# SU Carb Oil Substitute?



## Rich_Jenkins (Jul 12, 2003)

Anyone have a suggestion for a good commonly available substitute for SU Carb oil?

My trusty Penrite container is pretty much out, and I was checking the dashpots this morning in Magnus and they are zeroed out of oil.

I was going to go down to K-mart or similar and see if I could pick up some light sewing machine oil or similar...?


----------



## 99flhr (Apr 12, 2005)

wingspan said:


> Anyone have a suggestion for a good commonly available substitute for SU Carb oil?
> 
> My trusty Penrite container is pretty much out, and I was checking the dashpots this morning in Magnus and they are zeroed out of oil.
> 
> I was going to go down to K-mart or similar and see if I could pick up some light sewing machine oil or similar...?


 Hyd jack oil?


----------



## Clarke (Oct 21, 2002)

Automatic Transmission Fluid(not Ford style).:thumbup:


----------



## TeamM3 (Dec 24, 2002)

as I recalll, regular motor oil is generally used :dunno:


----------



## Pinecone (Apr 3, 2002)

IIRC straight 30 weight was used by many.


----------



## Rich_Jenkins (Jul 12, 2003)

Clarke said:


> Automatic Transmission Fluid(not Ford style).:thumbup:


Cool.
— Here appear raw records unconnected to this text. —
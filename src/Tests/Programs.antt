-- ===== src/Tests/Programs.antt =====
-- A run of the whole program.
use personal_test_resolver.Common.{equal, ◌≡◌, some, List, [], ◌∷◌, refl, true, false, none, equal}
use personal_test_resolver.Common.Memory.{Mem, Plentiful, malloc}
use personal_test_resolver.Main.Output.{main_output}
use personal_test_resolver.Main.Quiet.{main_output-quiet, fresh}
use personal_test_resolver.Server.Statistics.{final_statistics, shown_counts}
use personal_test_resolver.Tests.Packets.{memory, query_bytes-IsByte}
use personal_test_resolver.Main.{
  Flag, Shell, main, flag_s, init_config, parse_arguments, flag_p, parse_flags, read_port, flag_f,
  finish_arguments, flag_v, run_accepted, run_loaded, default_config, accepted, helped, flag_h,
}
use personal_test_resolver.Server.{Setup, run_server, init_udp_server, serve, err_success, Config}
use personal_test_resolver.Tests.Domains.{file_system, normal, small, file_text}
use personal_test_resolver.Tests.Serving.{upstream, events}
use personal_test_resolver.Main.Ends.{main_live}
use personal_test_resolver.Filter.File.{
  load_filter_file, Load, load_lines, load_line, read_line, line_kind, strip_ends, read_lines,
}
use personal_test_resolver.Trie.{
  filter_node_create, insert, new_child, add_child, grow, update_child, find_child,
}
use personal_test_resolver.Main.Messages.{Words}
use personal_test_resolver.Main.Arguments.{
  asked_config, accepted_config, parse_arguments-asked_config,
}
use personal_test_resolver.Main.Signals.{signal_handler, signal_handler_live}
use personal_test_resolver.Main.Success.{IsReady, main_succeeds}
use personal_test_resolver.Console.{Console, printf}
use personal_test_resolver.Message.{c_string}
use personal_test_resolver.Filter.{add_domain, add_labels, domain_labels}
use personal_test_resolver.Domain.{
  normalize_domain, normalize_text, skip_spaces, copy_lower, finish_domain, finish_text, strip_dots,
  bad_dots, is_space, to_lower,
}
use personal_test_resolver.Labels.{split_domain_labels, split_loop, keep_label}
use personal_test_resolver.Main.Help.{main_help_keeps}

abbrev shell : Shell
shell = record {
  strtol = λ text. record { negative = false; size = 5353; rest = [] };
  is_root = false;
  has_operand = false;
}

-- -s 8.8 -p 5 -f a.b -v
abbrev flags : List Flag
flags = flag_s upstream ∷ flag_p (some (b'5' ∷ [])) ∷ flag_f (some normal) ∷ flag_v ∷ []

abbrev ready : Setup
ready = record { socket_made = true; reuse_set = true; timeout_set = true; bound = true }

returned : (main shell flags file_system ready events memory).0 ≡ some 0
unfolding main init_config parse_arguments parse_flags read_port finish_arguments run_accepted
    run_loaded load_filter_file filter_node_create run_server init_udp_server serve malloc
returned = refl

main_live_example : (main shell flags file_system ready events memory).1.live ≡ 0
main_live_example =
    main_live shell flags file_system ready events memory tt (query_bytes-IsByte, (tt, tt)) returned

parse_arguments-asked_config_example :
    accepted_config (parse_arguments shell flags default_config memory).0 ≡ asked_config shell flags
parse_arguments-asked_config_example = parse_arguments-asked_config shell flags memory refl

abbrev words : Words
words = record { program_name = b'd' ∷ []; optopt = b'x' ∷ []; operand = [] }

-- -s twice
abbrev twice : List Flag
twice = flag_s upstream ∷ flag_s upstream ∷ []

abbrev quiet : Console
quiet = record { out = []; err = [] }

abbrev config : Config
config = record {
  upstream_server = upstream;
  local_port = 5353;
  filter_file = some normal;
  verbose = true;
  filter_root = none;
}

abbrev loaded_file : Load
loaded_file = record {
  root = small;
  domains_loaded = 1;
  lines_ignored = 1;
  mem = record { grants = []; live = 7 };
}

is_configured : init_config memory ≡ (some default_config, record { grants = []; live = 1 })
unfolding init_config malloc
is_configured = refl

is_accepted :
    parse_arguments shell flags default_config (record { grants = []; live = 1 })
    ≡ ((accepted, config), record { grants = []; live = 3 })
unfolding parse_arguments parse_flags read_port finish_arguments malloc
is_accepted = refl

is_loaded :
    load_filter_file file_system (some normal) (record { grants = []; live = 3 })
    ≡ (some loaded_file, record { grants = []; live = 7 })
unfolding load_filter_file load_lines load_line read_line line_kind strip_ends read_lines c_string
    filter_node_create malloc add_domain add_labels insert new_child add_child grow update_child
    domain_labels normalize_domain normalize_text skip_spaces copy_lower finish_domain finish_text
    strip_dots bad_dots is_space to_lower split_domain_labels split_loop keep_label find_child equal
is_loaded = refl

signal_handler_live_example :
    (signal_handler
      (some (record config { filter_root = some small }))
      quiet
      (record { grants = []; live = 7 })).1.live
    ≡ 0
signal_handler_live_example =
    signal_handler_live shell flags file_system memory (record { grants = []; live = 1 })
      (record { grants = []; live = 3 }) (record { grants = []; live = 7 }) quiet config loaded_file
      is_configured is_accepted is_loaded

is_asked : asked_config shell flags ≡ some config
unfolding asked_config read_port
is_asked = refl

is_ready : IsReady ready
is_ready = record { socket_made = refl; reuse_set = refl; timeout_set = refl; bound = refl }

main_succeeds_example : (main shell flags file_system ready events memory).0 ≡ some err_success
main_succeeds_example =
    main_succeeds shell flags file_system ready events memory config normal file_text refl is_asked
      refl refl is_ready refl

-- -s 8.8 -p 5 -f a.b
abbrev silent_flags : List Flag
silent_flags = flag_s upstream ∷ flag_p (some (b'5' ∷ [])) ∷ flag_f (some normal) ∷ []

abbrev silent_config : Config
silent_config = record config { verbose = false }

silent_asked : asked_config shell silent_flags ≡ some silent_config
unfolding asked_config read_port
silent_asked = refl

main_output-quiet_example :
    (loaded : Load) × (m1 : Mem) × Plentiful m1
    × ((load_filter_file file_system (some normal) m1).0 ≡ some loaded)
    × (main_output words shell silent_flags file_system ready events
          (λ n. record { address = normal; port = n })
          memory
          quiet
        ≡ printf
            (final_statistics (
              shown_counts
                (run_server
                  (some (record silent_config { filter_root = some loaded.root }))
                  ready
                  events
                  (fresh (load_filter_file file_system (some normal) m1).1)).1))
            quiet)
main_output-quiet_example =
    main_output-quiet words shell silent_flags file_system ready events
      (λ n. record { address = normal; port = n }) memory quiet silent_config normal file_text refl
      silent_asked refl refl is_ready refl refl

-- -s 8.8 -h
abbrev help_flags : List Flag
help_flags = flag_s upstream ∷ flag_h ∷ []

is_helped :
    (parse_arguments shell help_flags default_config (record { grants = []; live = 1 })).0.0
    ≡ helped
unfolding parse_arguments parse_flags malloc
is_helped = refl

main_help_keeps_example :
    ((main shell help_flags file_system ready events memory).0 ≡ some err_success)
    × ((main shell help_flags file_system ready events memory).1.live ≡ 1)
main_help_keeps_example =
    main_help_keeps shell help_flags file_system ready events memory
      (record { grants = []; live = 1 }) is_configured is_helped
Any old kind from K-mart or similar?


----------



## Scott ZHP (Jul 17, 2003)

Wingspan - I use plain old motor oil in my MGBs dashpots.

Some folks also swear by ATF or Marvel Mystery Oil.

*SU Dashpot oil -* manufactured for the specific application of SUs in STANDARD applications. That is on engines that are completely standard as the manufacturer produced them. It is a little on the thin side, but the whole engine tuning data for each engine is based on using this oil. Used as such it works very well, especially where economy is the main goal and the car is driven very sympathetically.

*ATF -* 'automatic transmission fluid'. A very good substitute where the genuine SU dashpot oil isn't available for use in STANDARD spec engines.

*20W fully synthetic engine oil -* not to be confused with 20W50 engine oil of any sort. Just a 'straight weight' oil. I use this on practically anything where any modifications at all change the spec away from original. This includes any induction/exhaust changes no matter how small. Largely because the engine is likely to see more 'aggravated' use. Active use of the throttle pedal requires a more stabilizing effect on the dashpot piston along with slightly more resilience to give the desired pick-up. The main benefit of the synthetic type is its consistency over a very broad operating temperature range.

*10W/40 engine oil -* gives very similar results to the 20W fully synthetic oil as defined above. It is certainly easier and cheaper to get as most modern automotive engines use this oil. Semi-synthetic is best, although fully synthetic is as good but rare in the price/'what you have in the garage' stakes. Standard mineral oil is OK, but gives poorer performance until the engine warms up unlike the synthetic oils as outlined above.


----------



## Rich_Jenkins (Jul 12, 2003)

Scott ZHP said:


> Wingspan - I use plain old motor oil in my MGBs dashpots.
> 
> Some folks also swear by ATF or Marvel Mystery Oil.
> 
> ...


Excellent :thumbup:

Thanks Scott...you are a star...


----------



## Rich_Jenkins (Jul 12, 2003)

frog said:


> Singer 3-1 Oil.
> 
> Faster response time than any other oil.
> 
> ...


Thanks frog...ribbit. :thumbup:


----------



## SharkD (May 4, 2004)

There's a good primer on SU carbs in the September issue of _Classic Motorsports_ (It may be on their website.)


----------